> _Exercise description_
Look below for the line containing "IsReply raw = (subtype"; from there through the line containing "is_long raw h = ground arith", both lines included, please set down each line exactly and nothing else.

'''

-- ===== src/Names/Record.antt =====
-- internal/dnsname/name.go.
use infrastructure_in_a_box.Prelude.{
  ◌≤◌, ◌≡◌, ◌⊎◌, inl, inr, Bool, true, false, ◌&&◌, not, [], ◌∷◌, ◌++◌, arith, ltb, if◌then◌else◌,
  Bool-cases, length, length-append, drop,
}
use infrastructure_in_a_box.Prelude.Text.{
  Text, Unicode, bytes, dot, text_eq, to_lower, is_ascii, contains_byte, trim_suffix, has_prefix,
}
use infrastructure_in_a_box.Names.Labels.{valid_hostname}

abbrev pub star : Text
star = bytes "*."

-- `@` is the domain and `*` the wildcard below it.
abbrev pub expand : Text → Text → Text
expand name domain =
    let named = if text_eq name (bytes "@") then domain else name in
    if text_eq named (bytes "*") then star ++ domain else named

-- strings.CutPrefix(name, "*."): what remains, and whether the wildcard label was there.
unfoldable pub cut_star : Text → Text × Bool
unfolding has_prefix
cut_star name = if has_prefix name star then (drop 2 name, true) else (name, false)

-- A short name, and a wildcard over one, is relative to the domain.
abbrev pub complete : Text → Text → Text
complete name domain =
    if not (text_eq name domain) && not (contains_byte dot name)
    then name ++ (dot ∷ domain)
    else name

abbrev pub restore_star : Bool → Text → Text
restore_star wildcard name = if wildcard then star ++ name else name

-- From CutPrefix to the end.
unfoldable pub record_name : Text × Bool → Text → Text
record_name (name, wildcard) domain =
    let full = complete name domain in
    if not (valid_hostname full)
    then []
    else if ltb 253 (length (restore_star wildcard full))
    then []
    else restore_star wildcard full ++ (dot ∷ [])

-- NormalizeARecord.
unfoldable pub normalize_a_record : Unicode → Text → Text → Text
unfolding record_name cut_star
normalize_a_record u name domain =
    if not (is_ascii name)
    then []
    else (let d = to_lower u (trim_suffix domain (dot ∷ [])) in
        record_name (cut_star (expand (to_lower u (trim_suffix name (dot ∷ []))) d)) d)

-- `r` is a hostname with a trailing dot and at most one `*` label, which stands first.
pub record IsRecordName (r : Text) : Type 0 where
  pub host : Text
  pub wildcard : Bool
  pub spelled : r ≡ restore_star wildcard host ++ (dot ∷ [])
  pub valid : valid_hostname host ≡ true
  pub fits : length r ≤ 254

record_name_result :
    (p : Text × Bool) (d : Text) → (record_name p d ≡ []) ⊎ IsRecordName (record_name p d)
unfolding record_name
record_name_result (n, w) d =
    let full = complete n d in
    elim (Bool-cases (valid_hostname full)) [
      | inr bad ↦ inl (rw bad)
      | inl good ↦ elim (Bool-cases (ltb 253 (length (restore_star w full)))) [
        | inl long ↦ inl (rw (good, long))
        | inr short ↦ inr (record {
          host = full;
          wildcard = w;
          spelled = rw (good, short);
          valid = good;
          fits = rw (good, short) (ground (arith, length-append (restore_star w full) (dot ∷ [])));
        })
      ]
    ]

-- A normalized record name is empty, or a record name that fits DNS.
pub normalize_a_record_result :
    (u : Unicode) (n d : Text)
    → (normalize_a_record u n d ≡ []) ⊎ IsRecordName (normalize_a_record u n d)
unfolding normalize_a_record
normalize_a_record_result u n d =
    let c = to_lower u (trim_suffix d (dot ∷ [])) in
    ground
      (arith, record_name_result (cut_star (expand (to_lower u (trim_suffix n (dot ∷ []))) c)) c)
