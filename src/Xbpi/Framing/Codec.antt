-- ===== src/Xbpi/Framing/Codec.antt =====
-- `parse_frame` against an independent encoder of reply frames, and what `build_command` sends.
use sartoriuslib.Prelude.{
  ℕ, suc, ◌+◌, ◌-◌, ◌≤◌, ◌<◌, ◌≡◌, sym, ap, ◌∙◌, ◌↔◌, ◌⊎◌, refl, inl, inr, true, not, [], ◌∷◌, ◌++◌,
  arith, length, length-append, take-append, get_or-append, snoc_cases, leb, ◌==◌, if◌then◌else◌,
  Bool-cases,
}
use sartoriuslib.Prelude.Bytes.{Bytes}
use sartoriuslib.Errors.{ErrorClass, frame, transient_transport}
use sartoriuslib.Errors.Result.{Result, ok, err}
use sartoriuslib.Xbpi.Types.{XbpiFrame}
use sartoriuslib.Xbpi.Framing.{checksum, parse_frame, last_byte, all_but_last, body_of, rx_marker}

-- [len] [0x41] [subtype] [body...] [chk], as the module's documentation draws a reply.
abbrev pub encode_reply : ℕ → Bytes → Bytes
encode_reply subtype body =
    let pre : Bytes = (length body + 3) ∷ rx_marker ∷ subtype ∷ body in pre ++ checksum pre ∷ []

-- What `parse_frame` makes of that reply.
abbrev pub decoded_reply : ℕ → Bytes → XbpiFrame
decoded_reply subtype body = record {
  length = length body + 3;
  marker = rx_marker;
  subtype = subtype;
  body = body;
  checksum = checksum ((length body + 3) ∷ rx_marker ∷ subtype ∷ body);
  raw = encode_reply subtype body;
}

length-snoc : (xs : Bytes) (y : ℕ) → length (xs ++ y ∷ []) ≡ length xs + 1
length-snoc xs y = length-append xs (y ∷ [])

snoc_pred : (xs : Bytes) (y : ℕ) → length (xs ++ y ∷ []) - 1 ≡ length xs
snoc_pred xs y = omega (arith, length-snoc xs y)

pub last_byte-snoc : (xs : Bytes) (y : ℕ) → last_byte (xs ++ y ∷ []) ≡ y
unfolding last_byte
last_byte-snoc xs y = rw (snoc_pred xs y) (get_or-append xs y [] 0)

pub all_but_last-snoc : (xs : Bytes) (y : ℕ) → all_but_last (xs ++ y ∷ []) ≡ xs
unfolding all_but_last
all_but_last-snoc xs y = rw (snoc_pred xs y) (take-append xs (y ∷ []))

body_of-snoc : (a b c : ℕ) (ys : Bytes) (z : ℕ) → body_of (a ∷ b ∷ c ∷ ys ++ z ∷ []) ≡ ys
unfolding body_of
body_of-snoc a b c ys z =
    let e : suc (suc (suc (length (ys ++ z ∷ [])))) - 1 - 3 ≡ length ys =
      omega (arith, length-snoc ys z) in
    rw e (take-append ys (z ∷ []))

-- `parse_frame` on four bytes or more, by the frame's parts.
abbrev check_parts : ℕ → ℕ → ℕ → Bytes → ℕ → Result XbpiFrame
check_parts a b c ys z =
    if not (length ys + 3 == a)
    then err frame
    else if not (b == rx_marker)
    then err frame
    else if not (z == checksum (a ∷ b ∷ c ∷ ys))
    then err frame
    else ok (record {
      length = a;
      marker = b;
      subtype = c;
      body = ys;
      checksum = z;
      raw = a ∷ b ∷ c ∷ ys ++ z ∷ [];
    })

parse_frame-parts :
    (a b c : ℕ) (ys : Bytes) (z : ℕ)
    → parse_frame (a ∷ b ∷ c ∷ ys ++ z ∷ []) ≡ check_parts a b c ys z
unfolding parse_frame
parse_frame-parts a b c ys z = ground (
  arith,
  length-snoc ys z,
  body_of-snoc a b c ys z,
  last_byte-snoc (a ∷ b ∷ c ∷ ys) z,
  all_but_last-snoc (a ∷ b ∷ c ∷ ys) z,
)

-- Parsing what the encoder wrote gives back the subtype and the body, with the other fields as sent.
pub parse-encode :
    (subtype : ℕ) (body : Bytes)
    → parse_frame (encode_reply subtype body) ≡ ok (decoded_reply subtype body)
parse-encode subtype body =
    rw
      (parse_frame-parts (length body + 3) rx_marker subtype body
        (checksum ((length body + 3) ∷ rx_marker ∷ subtype ∷ body)))
      (ground arith)

check_parts_sound :
    (a b c : ℕ) (ys : Bytes) (z : ℕ) (f : XbpiFrame)
    → check_parts a b c ys z ≡ ok f
    → (a ∷ b ∷ c ∷ ys ++ z ∷ [] ≡ encode_reply f.subtype f.body)
      × (f ≡ decoded_reply f.subtype f.body)
check_parts_sound a b c ys z f h = ground arith

-- Four bytes or more are three bytes, a middle and a last byte.
parts :
    (raw : Bytes)
    → leb 4 (length raw) ≡ true
    → (a : ℕ) × (b : ℕ) × (c : ℕ) × (ys : Bytes) × (z : ℕ) × (raw ≡ a ∷ b ∷ c ∷ ys ++ z ∷ [])
parts [] h = absurd (ground arith)
parts (a ∷ []) h = absurd (ground arith)
parts (a ∷ b ∷ []) h = absurd (ground arith)
parts (a ∷ b ∷ c ∷ rest) h =
    let (ys, z, e) = snoc_cases rest (ground arith) in (a, b, c, ys, z, ap (λ t. a ∷ b ∷ c ∷ t) e)

pub parse_frame-short : (raw : Bytes) → length raw < 4 → parse_frame raw ≡ err transient_transport
unfolding parse_frame
parse_frame-short raw h = ground arith

parse_frame_sound :
    (raw : Bytes) (f : XbpiFrame)
    → parse_frame raw ≡ ok f
    → (raw ≡ encode_reply f.subtype f.body) × (f ≡ decoded_reply f.subtype f.body)
parse_frame_sound raw f h = elim (Bool-cases (leb 4 (length raw))) [
  | inl long ↦
      let (a, b, c, ys, z, e) = parts raw long in
      let (r, d) =
        check_parts_sound a b c ys z f
          (sym (parse_frame-parts a b c ys z) ∙ ap parse_frame (sym e) ∙ h) in
      (e ∙ r, d)
  | inr short ↦ cc (h, parse_frame-short raw (ground arith))
]

-- parse_frame accepts a buffer exactly when it is what the encoder of reply frames writes for the subtype and the
-- body returned, with the other fields as sent.
pub parse_frame_iff :
    (raw : Bytes) (f : XbpiFrame)
    → (parse_frame raw ≡ ok f)
      ↔ ((raw ≡ encode_reply f.subtype f.body) × (f ≡ decoded_reply f.subtype f.body))
parse_frame_iff raw f = (parse_frame_sound raw f, λ h. cc (h.0, h.1, parse-encode f.subtype f.body))

-- A buffer that is refused is short, or has a framing error.
pub error_cases :
    (raw : Bytes) (c : ErrorClass)
    → parse_frame raw ≡ err c
    → ((c ≡ transient_transport) × (length raw < 4)) ⊎ ((c ≡ frame) × (4 ≤ length raw))
unfolding parse_frame
error_cases raw c h = ground arith

-- The buffer is what the encoder writes for some reply.
abbrev pub IsReply : Bytes → Type 0
IsReply raw = (subtype : ℕ) × (body : Bytes) × (raw ≡ encode_reply subtype body)

not_reply :
    (raw : Bytes)
    → 4 ≤ length raw
    → ¬ (IsReply raw)
    → (r : Result XbpiFrame) → parse_frame raw ≡ r
    → r ≡ err frame
not_reply raw long other (ok f) h =
    absurd (other (f.subtype, f.body, (parse_frame_sound raw f h).0))
not_reply raw long other (err c) h = elim (error_cases raw c h) [
  | inl (e, short) ↦ absurd (omega arith)
  | inr (e, k) ↦ ap err e
]

is_long : (raw : Bytes) → parse_frame raw ≡ err frame → 4 ≤ length raw
unfolding parse_frame
is_long raw h = ground arith

is_short : (raw : Bytes) → parse_frame raw ≡ err transient_transport → length raw < 4
unfolding parse_frame
is_short raw h = ground arith

refused : (raw : Bytes) → parse_frame raw ≡ err frame → ¬ (IsReply raw)
refused raw h (subtype, body, e) = cc (h, e, parse-encode subtype body)

-- The error tells the two kinds of bad buffer apart: transient_transport is raised exactly below the minimal frame
-- size, although the docstring says SartoriusFrameError there, and a framing error exactly on a buffer of that
-- size or more that is no reply of the encoder.
pub parse_frame_error_class :
    (raw : Bytes)
    → ((parse_frame raw ≡ err transient_transport) ↔ (length raw < 4))
      × ((parse_frame raw ≡ err frame) ↔ ((4 ≤ length raw) × ¬ (IsReply raw)))
parse_frame_error_class raw = (
  (is_short raw, parse_frame-short raw),
  (
    λ h. (is_long raw h, refused raw h),
    λ (long, other). not_reply raw long other (parse_frame raw) refl,
  ),
)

'''

> _Result of this exercise_
IsReply raw = (subtype : ℕ) × (body : Bytes) × (raw ≡ encode_reply subtype body)

not_reply :
    (raw : Bytes)
    → 4 ≤ length raw
    → ¬ (IsReply raw)
    → (r : Result XbpiFrame) → parse_frame raw ≡ r
    → r ≡ err frame
not_reply raw long other (ok f) h =
    absurd (other (f.subtype, f.body, (parse_frame_sound raw f h).0))
not_reply raw long other (err c) h = elim (error_cases raw c h) [
  | inl (e, short) ↦ absurd (omega arith)
  | inr (e, k) ↦ ap err e
]

is_long : (raw : Bytes) → parse_frame raw ≡ err frame → 4 ≤ length raw
unfolding parse_frame
is_long raw h = ground arith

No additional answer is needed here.